*What the task requires:* Even where a line looks wrong, copy it exactly and include every entry.

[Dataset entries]

Content starts

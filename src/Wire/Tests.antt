-- ===== src/Wire/Tests.antt =====
-- A status on the wire.
use p2p_live_streming_system.Prelude.{ℕ, ◌≡◌, refl, List, [], ◌∷◌, ◌++◌, arith, at}
use p2p_live_streming_system.Prelude.Int.{pos, negsuc}
use p2p_live_streming_system.Wire.{
  BlockInfo, NodeStatus, IsBlockInfo, IsNodeStatus, copy_node_status_to_bytes,
  copy_bytes_to_node_status,
}
use p2p_live_streming_system.Wire.RoundTrip.{node_status_round_trip}

abbrev sample_info : BlockInfo
sample_info = record {
  pos = 70000;
  seq = 258;
  bytes = 1000;
  total_piece_bytes = 2300;
  cluster_seq = 513;
  total_pieces = 3;
  piece_seq = 1;
  status = 1;
  layer = 2;
}

abbrev sample_status : NodeStatus
sample_status = record {
  info = sample_info;
  id = 300;
  ipaddr = 0x0a01a8c0;
  p_ipaddr = 0x0201a8c0;
  port = 5000;
  timestamp = record { tv_sec = pos 3; tv_usec = pos 4 };
}

abbrev old_status : NodeStatus
old_status = record sample_status {
  id = 1;
  timestamp = record { tv_sec = negsuc 0; tv_usec = pos 9 };
}

sample_info_fits : IsBlockInfo sample_info
sample_info_fits = ground arith

sample_status_fits : IsNodeStatus sample_status
sample_status_fits = ground arith

node_status_round_trip_example :
    copy_bytes_to_node_status old_status (at (copy_node_status_to_bytes sample_status ++ (7 ∷ [])))
    ≡ record sample_status { timestamp = old_status.timestamp }
node_status_round_trip_example =
    node_status_round_trip sample_status old_status (7 ∷ []) sample_status_fits

abbrev wire_bytes : List ℕ
wire_bytes =
    0 ∷ 1 ∷ 17 ∷ 112 ∷ 0 ∷ 0 ∷ 1 ∷ 2 ∷ 3 ∷ 232 ∷ 8 ∷ 252 ∷ 2 ∷ 1 ∷ 3 ∷ 1 ∷ 1 ∷ 2 ∷ 1 ∷ 44 ∷ 10 ∷ 1
    ∷ 168 ∷ 192 ∷ 2 ∷ 1 ∷ 168 ∷ 192 ∷ 19 ∷ 136 ∷ []

node_status_bytes_lem : copy_node_status_to_bytes sample_status ≡ wire_bytes
unfolding copy_node_status_to_bytes
node_status_bytes_lem = refl

abbrev network_order : List ℕ
network_order = wire_bytes
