-- ===== src/Method.antt =====
-- A method that takes `&mut self`: from the state to a result and the state that it leaves, also
-- where it fails.
use mathlib.Core.Bool.{Bool}
use mathlib.Core.Option.{Option}
use alani_kernel.Error.{KernelError}
use alani_kernel.Outcome.{KernelResult, ok, err, reject_if, ok_or}

abbrev pub Method {ℓ κ} : Type ℓ → Type κ → Type (ℓ ⊔ κ)
Method S A = S → KernelResult A × S

-- What `?` does with the result of a call: an error is passed on with the state of that moment.
abbrev pub try {ℓ κ μ} :
    {S : Type ℓ} {A : Type κ} {B : Type μ}
    → KernelResult A
    → S
    → (A → Method S B)
    → KernelResult B × S
try (ok a) s f = f a s
try (err e) s f = (err e, s)

infixl 5 ◌>>=◌ ◌>>◌
abbrev pub ◌>>=◌ {ℓ κ μ} :
    {S : Type ℓ} {A : Type κ} {B : Type μ} → Method S A → (A → Method S B) → Method S B
◌>>=◌ m f s = try (m s).0 (m s).1 f

abbrev pub ◌>>◌ {ℓ κ} : {S : Type ℓ} {B : Type κ} → Method S (Unit {0}) → Method S B → Method S B
m >> k = m >>= λ _. k

abbrev pub return {ℓ κ} : {S : Type ℓ} {A : Type κ} → A → Method S A
return a s = (ok a, s)

-- `self` as it is now.
abbrev pub self {ℓ} : {S : Type ℓ} → Method S S
self s = (ok s, s)

abbrev pub modify {ℓ} : {S : Type ℓ} → (S → S) → Method S (Unit {0})
modify f s = (ok tt, f s)

-- A call that takes `&self`, with its `?`.
abbrev pub query {ℓ κ} : {S : Type ℓ} {A : Type κ} → (S → KernelResult A) → Method S A
query f s = (f s, s)

-- `if failed { return Err(e); }`
abbrev pub throw_if {ℓ} : {S : Type ℓ} → Bool → KernelError → Method S (Unit {0})
throw_if b e s = (reject_if b e, s)

-- `option.ok_or(e)?`
abbrev pub ok_or_throw {ℓ κ} : {S : Type ℓ} {A : Type κ} → Option A → KernelError → Method S A
ok_or_throw o e s = (ok_or o e, s)

-- A method of the field that `get` reads and `put` replaces.
abbrev pub within {ℓ κ μ} :
    {S : Type ℓ} {T : Type κ} {A : Type μ} → (S → T) → (T → S → S) → Method T A → Method S A
within get put m s = ((m (get s)).0, put (m (get s)).1 s)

Content ends

*Final answer:*
filename src/Wire/Tests.antt
-- ===== src/Wire/Tests.antt =====
-- A status on the wire.
use p2p_live_streming_system.Prelude.{ℕ, ◌≡◌, refl, List, [], ◌∷◌, ◌++◌, arith, at}
use p2p_live_streming_system.Prelude.Int.{pos, negsuc}
use p2p_live_streming_system.Wire.{
  BlockInfo, NodeStatus, IsBlockInfo, IsNodeStatus, copy_node_status_to_bytes,
  copy_bytes_to_node_status,
}
use p2p_live_streming_system.Wire.RoundTrip.{node_status_round_trip}

abbrev sample_info : BlockInfo
sample_info = record {
  pos = 70000;
  seq = 258;
  bytes = 1000;
  total_piece_bytes = 2300;
  cluster_seq = 513;
  total_pieces = 3;
  piece_seq = 1;
  status = 1;
  layer = 2;
}

abbrev sample_status : NodeStatus
sample_status = record {
  info = sample_info;
  id = 300;
  ipaddr = 0x0a01a8c0;
  p_ipaddr = 0x0201a8c0;
  port = 5000;
  timestamp = record { tv_sec = pos 3; tv_usec = pos 4 };
}

abbrev old_status : NodeStatus
old_status = record sample_status {
  id = 1;
  timestamp = record { tv_sec = negsuc 0; tv_usec = pos 9 };
}

sample_info_fits : IsBlockInfo sample_info
sample_info_fits = ground arith

sample_status_fits : IsNodeStatus sample_status
sample_status_fits = ground arith

node_status_round_trip_example :
    copy_bytes_to_node_status old_status (at (copy_node_status_to_bytes sample_status ++ (7 ∷ [])))
    ≡ record sample_status { timestamp = old_status.timestamp }
node_status_round_trip_example =
    node_status_round_trip sample_status old_status (7 ∷ []) sample_status_fits

abbrev wire_bytes : List ℕ
wire_bytes =
    0 ∷ 1 ∷ 17 ∷ 112 ∷ 0 ∷ 0 ∷ 1 ∷ 2 ∷ 3 ∷ 232 ∷ 8 ∷ 252 ∷ 2 ∷ 1 ∷ 3 ∷ 1 ∷ 1 ∷ 2 ∷ 1 ∷ 44 ∷ 10 ∷ 1
    ∷ 168 ∷ 192 ∷ 2 ∷ 1 ∷ 168 ∷ 192 ∷ 19 ∷ 136 ∷ []

node_status_bytes_lem : copy_node_status_to_bytes sample_status ≡ wire_bytes
unfolding copy_node_status_to_bytes
node_status_bytes_lem = refl

abbrev network_order : List ℕ
network_order = wire_bytes
-- ===== src/Method.antt =====
-- A method that takes `&mut self`: from the state to a result and the state that it leaves, also
-- where it fails.
use mathlib.Core.Bool.{Bool}
use mathlib.Core.Option.{Option}
use alani_kernel.Error.{KernelError}
use alani_kernel.Outcome.{KernelResult, ok, err, reject_if, ok_or}

abbrev pub Method {ℓ κ} : Type ℓ → Type κ → Type (ℓ ⊔ κ)
Method S A = S → KernelResult A × S

-- What `?` does with the result of a call: an error is passed on with the state of that moment.
abbrev pub try {ℓ κ μ} :
    {S : Type ℓ} {A : Type κ} {B : Type μ}
    → KernelResult A
    → S
    → (A → Method S B)
    → KernelResult B × S
try (ok a) s f = f a s
try (err e) s f = (err e, s)

infixl 5 ◌>>=◌ ◌>>◌
abbrev pub ◌>>=◌ {ℓ κ μ} :
    {S : Type ℓ} {A : Type κ} {B : Type μ} → Method S A → (A → Method S B) → Method S B
◌>>=◌ m f s = try (m s).0 (m s).1 f

abbrev pub ◌>>◌ {ℓ κ} : {S : Type ℓ} {B : Type κ} → Method S (Unit {0}) → Method S B → Method S B
m >> k = m >>= λ _. k

abbrev pub return {ℓ κ} : {S : Type ℓ} {A : Type κ} → A → Method S A
return a s = (ok a, s)

-- `self` as it is now.
abbrev pub self {ℓ} : {S : Type ℓ} → Method S S
self s = (ok s, s)

abbrev pub modify {ℓ} : {S : Type ℓ} → (S → S) → Method S (Unit {0})
modify f s = (ok tt, f s)

-- A call that takes `&self`, with its `?`.
abbrev pub query {ℓ κ} : {S : Type ℓ} {A : Type κ} → (S → KernelResult A) → Method S A
query f s = (f s, s)

-- `if failed { return Err(e); }`
abbrev pub throw_if {ℓ} : {S : Type ℓ} → Bool → KernelError → Method S (Unit {0})
throw_if b e s = (reject_if b e, s)

-- `option.ok_or(e)?`
abbrev pub ok_or_throw {ℓ κ} : {S : Type ℓ} {A : Type κ} → Option A → KernelError → Method S A
ok_or_throw o e s = (ok_or o e, s)

-- A method of the field that `get` reads and `put` replaces.
abbrev pub within {ℓ κ μ} :
    {S : Type ℓ} {T : Type κ} {A : Type μ} → (S → T) → (T → S → S) → Method T A → Method S A
within get put m s = ((m (get s)).0, put (m (get s)).1 s)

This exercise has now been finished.